Review
Copyright ©The Author(s) 2015. Published by Baishideng Publishing Group Inc. All rights reserved.
World J Hepatol. Aug 8, 2015; 7(16): 2029-2040
Published online Aug 8, 2015. doi: 10.4254/wjh.v7.i16.2029
Optimal combination of antiangiogenic therapy for hepatocellular carcinoma
Hui-Ju Ch’ang
Hui-Ju Ch’ang, National Institute of Cancer Research, National Health Research Institutes, Miaoli 35053, Taiwan
Hui-Ju Ch’ang, Department of Radiation Oncology, Taipei Medical University Hospital, Taipei 100, Taiwan
Author contributions: Ch’ang HJ solely contributed to this manuscript.
Supported by National Health Research Institutes, Taiwan.
Conflict-of-interest statement: Nothing to declare.
Open-Access: This article is an open-access article which was selected by an in-house editor and fully peer-reviewed by external reviewers. It is distributed in accordance with the Creative Commons Attribution Non Commercial (CC BY-NC 4.0) license, which permits others to distribute, remix, adapt, build upon this work non-commercially, and license their derivative works on different terms, provided the original work is properly cited and the use is non-commercial. See: http://creativecommons.org/licenses/by-nc/4.0/
Correspondence to: Hui-Ju Ch’ang, MD, National Institute of Cancer Research, National Health Research Institutes, R1-2034, 35, Keyen Road, Miaoli 35053, Taiwan. hjmc@nhri.org.tw
Telephone: +886-37-246166-35105 Fax: +886-37-586463
Received: July 29, 2014
Peer-review started: July 30, 2014
First decision: December 17, 2014
Revised: July 21, 2015
Accepted: July 24, 2015
Article in press: July 27, 2015
Published online: August 8, 2015
Abstract

The success of sorafenib in prolonging survival of patients with hepatocellular carcinoma (HCC) makes therapeutic inhibition of angiogenesis a component of treatment for HCC. To enhance therapeutic efficacy, overcome drug resistance and reduce toxicity, combination of antiangiogenic agents with chemotherapy, radiotherapy or other targeted agents were evaluated. Nevertheless, the use of antiangiogenic therapy remains suboptimal regarding dosage, schedule and duration of therapy. The issue is further complicated by combination antiangiogenesis to other cytotoxic or biologic agents. There is no way to determine which patients are most likely respond to a given form of antiangiogenic therapy. Activation of alternative pathways associated with disease progression in patients undergoing antiangiogenic therapy has also been recognized. There is increasing importance in identifying, validating and standardizing potential response biomarkers for antiangiogenesis therapy for HCC patients. In this review, biomarkers for antiangiogenesis therapy including systemic, circulating, tissue and imaging ones are summarized. The strength and deficit of circulating and imaging biomarkers were further demonstrated by a series of studies in HCC patients receiving radiotherapy with or without thalidomide.

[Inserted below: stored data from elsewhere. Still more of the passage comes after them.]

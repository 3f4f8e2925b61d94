-- ===== src/Tests/Gateways.antt =====
-- Capabilities, lifespans and filter expressions on concrete inputs.
use chattice.Base.{
  ℕ, zero, suc, map, ◌≡◌, refl, String, Bool, true, false, Option, none, some, and_then, List, [],
  ◌∷◌, ◌++◌, not, nat_beq,
}
use chattice.Base.Eq.{string_eq}
use chattice.Base.Int.{pos}
use chattice.Dict
use chattice.Exceptions.{Raised, other_exception}
use chattice.Events.{Event, event, command, slash_command, no_context}
use chattice.Effects.{returned, raised}
use chattice.Dispatcher.Filters.{untagged}
use chattice.Dispatcher.Middleware.{reversed}
use chattice.Capabilities.Operations.{app, normal, messages_create, value}
use chattice.Capabilities.Specs.{specs}
use chattice.Capabilities.Registry.{Registry, ok, register, require}
use chattice.Capabilities.Registry.Verdicts.{Answers, require-Answers}
use chattice.Capabilities.Response.{ResponseCapability, dialogs, resolve, contains}
use chattice.Capabilities.Response.Grants.{granted, resolve-contains}
use chattice.Lifespan.{Resource, Lifespan, roll_back, enter, exit}
use chattice.Lifespan.Cleanup.{
  Starts, Closes, no_more, then_next, enter-failing, exit-closes, unless_dirty, first_error,
}
use chattice.Filters.{
  attr, Comparison, eq, ne, Objects, step, comparison, resolve as resolve_path, evaluate,
}
use chattice.Filters.Missing.{evaluate-missing}

abbrev slash : Event
slash = event no_context (
    command (record {
      command_id = pos 1;
      command_type = none;
      kind = some slash_command;
      source_kind = some "SLASH_COMMAND";
      message_text = none;
      target_message = none;
    }))

resolve-contains_example :
    ((capabilities : List ResponseCapability) × (resolve "http" (some slash) ≡ some capabilities)
      × (contains capabilities dialogs ≡ granted dialogs (some slash)))
    × (resolve "pubsub" (some slash) ≡ some [])
resolve-contains_example = resolve-contains (some slash) dialogs

abbrev table : Registry
table = map (λ s. (value s.operation, s)) specs

-- The table of the source registers, and gives this registry.
registered : register [] specs ≡ ok table
unfolding register Dict.has Dict.get Dict.put
registered = refl

abbrev bot_scope : List String
bot_scope = "https://www.googleapis.com/auth/chat.bot" ∷ []

require-Answers_example :
    Answers table messages_create
      (some app)
      (some bot_scope)
      normal
      (require table messages_create (some app) (some bot_scope) normal)
require-Answers_example = require-Answers table messages_create (some app) (some bot_scope) normal

-- A resource that logs, one whose start fails, and one whose close fails.
abbrev logging : String → Resource (List String)
logging name = record {
  start = λ log. (returned tt, log ++ name ∷ []);
  close = λ log. (returned tt, log ++ name ∷ []);
}

abbrev boom : Raised
boom = untagged (other_exception "OSError")

abbrev unstartable : Resource (List String)
unstartable = record (logging "x") { start = λ log. (raised boom, log) }

abbrev unclosable : Resource (List String)
unclosable = record (logging "y") { close = λ log. (raised boom, log) }

enter-failing_example :
    (u : List String) × Closes (reversed (logging "a" ∷ unclosable ∷ [])) ("a" ∷ "y" ∷ []) u
    × (enter
          ((logging "a" ∷ unclosable ∷ []) ++ unstartable ∷ logging "b" ∷ [])
          (record { started = []; closed = false; world = [] })
        ≡ (raised boom, record { started = []; closed = false; world = u }))
enter-failing_example = enter-failing unstartable (logging "b" ∷ []) boom started refl
  where
    started : Starts (logging "a" ∷ unclosable ∷ []) [] ("a" ∷ "y" ∷ [])
    started = then_next refl (then_next refl no_more)

abbrev running : Lifespan (List String)
running = record { started = logging "a" ∷ unclosable ∷ []; closed = false; world = [] }

exit-closes_example : exit true running ≡ (
  unless_dirty true (first_error (reversed running.started) running.world),
  record {
    started = [];
    closed = true;
    world = roll_back (reversed running.started) running.world;
  },
)
exit-closes_example = exit-closes true running

-- Objects that are numbers; `half` is there on even numbers only, and there are no items.
abbrev half : ℕ → Option ℕ
half zero = some 0
half (suc zero) = none
half (suc (suc n)) = and_then (half n) (λ h. some (suc h))

abbrev numbers : Objects ℕ
numbers = record {
  get_attribute = λ n name. half n;
  get_item = λ n k. none;
  truth = λ n. not (nat_beq n 0);
  compare = compare_numbers;
  call = λ m a b. none;
  identical = nat_beq;
  matches = λ a b. false;
}
  where
    compare_numbers : Comparison → ℕ → ℕ → Option Bool
    compare_numbers eq a b = some (nat_beq a b)
    compare_numbers ne a b = some (not (nat_beq a b))
    compare_numbers _ a b = none

evaluate-missing_example : evaluate numbers (comparison ne (attr "half" ∷ []) 5) 7 ≡ false
unfolding resolve_path step
evaluate-missing_example =
    evaluate-missing numbers (comparison ne (attr "half" ∷ []) 5) (attr "half" ∷ []) 7 refl refl
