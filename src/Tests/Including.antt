-- ===== src/Tests/Including.antt =====
-- Routers that include one another.
use chattice.Base.{ℕ, suc, zero, ◌<◌, ◌≡◌, refl, true, false, none, some, [], ◌∷◌, arith}
use chattice.Dispatcher.Inclusion.{
  Routers, creates_cycle, include_router, contains, refusal, unless_refused,
}
use chattice.Dispatcher.Inclusion.Above.{IsForest}
use chattice.Dispatcher.Inclusion.Forest.{Kept, include_router-Kept}

-- Router 1 is a child of router 2, and all others are detached.
abbrev routers : Routers
routers zero = record { name = "main"; is_dispatcher = true; parent = none; children = [] }
routers (suc zero) = record {
  name = "forms";
  is_dispatcher = false;
  parent = some 2;
  children = [];
}
routers (suc (suc zero)) = record {
  name = "admin";
  is_dispatcher = false;
  parent = none;
  children = 1 ∷ [];
}
routers (suc (suc (suc n))) = record {
  name = "router";
  is_dispatcher = false;
  parent = none;
  children = [];
}

abbrev height : ℕ → ℕ
height zero = 0
height (suc zero) = 0
height (suc (suc zero)) = 1
height (suc (suc (suc n))) = 0

routers-IsForest : IsForest routers height
routers-IsForest zero = tt
routers-IsForest (suc zero) = tt
routers-IsForest (suc (suc zero)) = ((omega arith, refl), tt)
routers-IsForest (suc (suc (suc n))) = tt

height_lt : (r : ℕ) → height r < 2
height_lt zero = omega arith
height_lt (suc zero) = omega arith
height_lt (suc (suc zero)) = omega arith
height_lt (suc (suc (suc n))) = omega arith

include_router-Kept_example : Kept 2 routers 0 2 (include_router 2 routers 0 2)
include_router-Kept_example = include_router-Kept routers height 2 0 2 routers-IsForest height_lt

cycle : include_router 2 routers 1 2 ≡ (routers, some creates_cycle)
unfolding include_router refusal unless_refused contains
cycle = refl
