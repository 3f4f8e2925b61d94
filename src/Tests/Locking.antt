-- ===== src/Tests/Locking.antt =====
-- Two tasks at the update lock of one message.
use chattice.Base.{◌≡◌, ◌≤◌, nat_beq, if◌then◌else◌, refl, String, true, false, some, List, [], ◌∷◌}
use chattice.Base.Eq.{string_eq}
use chattice.Dict.{get, put, remove}
use chattice.Pubsub.Locks.{
  Registry, drop_waiter, lock_of, arrive, clean_up, release, Task, System, Take, here, arrives,
  is_given, Reachable, begins, goes_on,
}
use chattice.Pubsub.Locks.Counting.{holders}
use chattice.Pubsub.Locks.Exclusion.{locks_exclude}

abbrev registry : Registry
registry = record {
  locks = ("m", 0) ∷ [];
  waiters = ("m", 2) ∷ [];
  locked = λ l. if nat_beq 0 l then true else false;
  next = 1;
}

abbrev waits : Task
waits = record { key = "m"; lock = 0; holding = false }

abbrev holds : Task
holds = record { key = "m"; lock = 0; holding = true }

abbrev two_tasks : System
two_tasks = record { registry = registry; tasks = waits ∷ holds ∷ [] }

-- The first task arrives and is given the lock, and the second arrives.
reached : Reachable two_tasks
unfolding arrive lock_of get put
reached =
    goes_on (goes_on (goes_on begins (arrives "m")) (is_given waits here refl refl)) (arrives "m")

locks_exclude_example :
    ((k : String) → holders k two_tasks.tasks ≤ 1)
    × ((t : Task) (rest : List Task)
        → Take t two_tasks.tasks rest
        → t.holding ≡ true
        → (r : Registry) × (release two_tasks.registry t.key ≡ some r))
locks_exclude_example = locks_exclude reached

-- When the first releases and the second is cancelled before it is given the lock, the idle lock stays
-- in the registry.
kept_lock :
    get
      (drop_waiter
        (clean_up "m" (record (drop_waiter registry "m") { locked = λ l. false }))
        "m").locks
      "m"
    ≡ some 0
unfolding drop_waiter clean_up get put remove
kept_lock = refl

Keywords: Antiangiogenesis, Hepatocellular carcinoma, Biomarker, Cytokines, Dynamic contrast enhanced magnetic resonance imaging

Core tip: Antiangiogenic therapy has become an important component of treatment in hepatocellular carcinoma (HCC) patients. However, traditional anatomic imaging of tumor shrinkage is not appropriate to evaluate the efficacy of antiangiogenesis achieved by normalizing tumor vasculature and systemic suppression of angiogenic and inflammatory cytokines. To identify and validate potential response biomarkers, standardized systemic, circulating, tissue and imaging assays should be incorporated in to preclinical and clinical studies regarding the combination of antiangiogenic agents to cytotoxic or biologic agents. The optimal dosage, schedule and duration of antiangiogenic during combination therapy for HCC patients should be titrated according to these response biomarkers.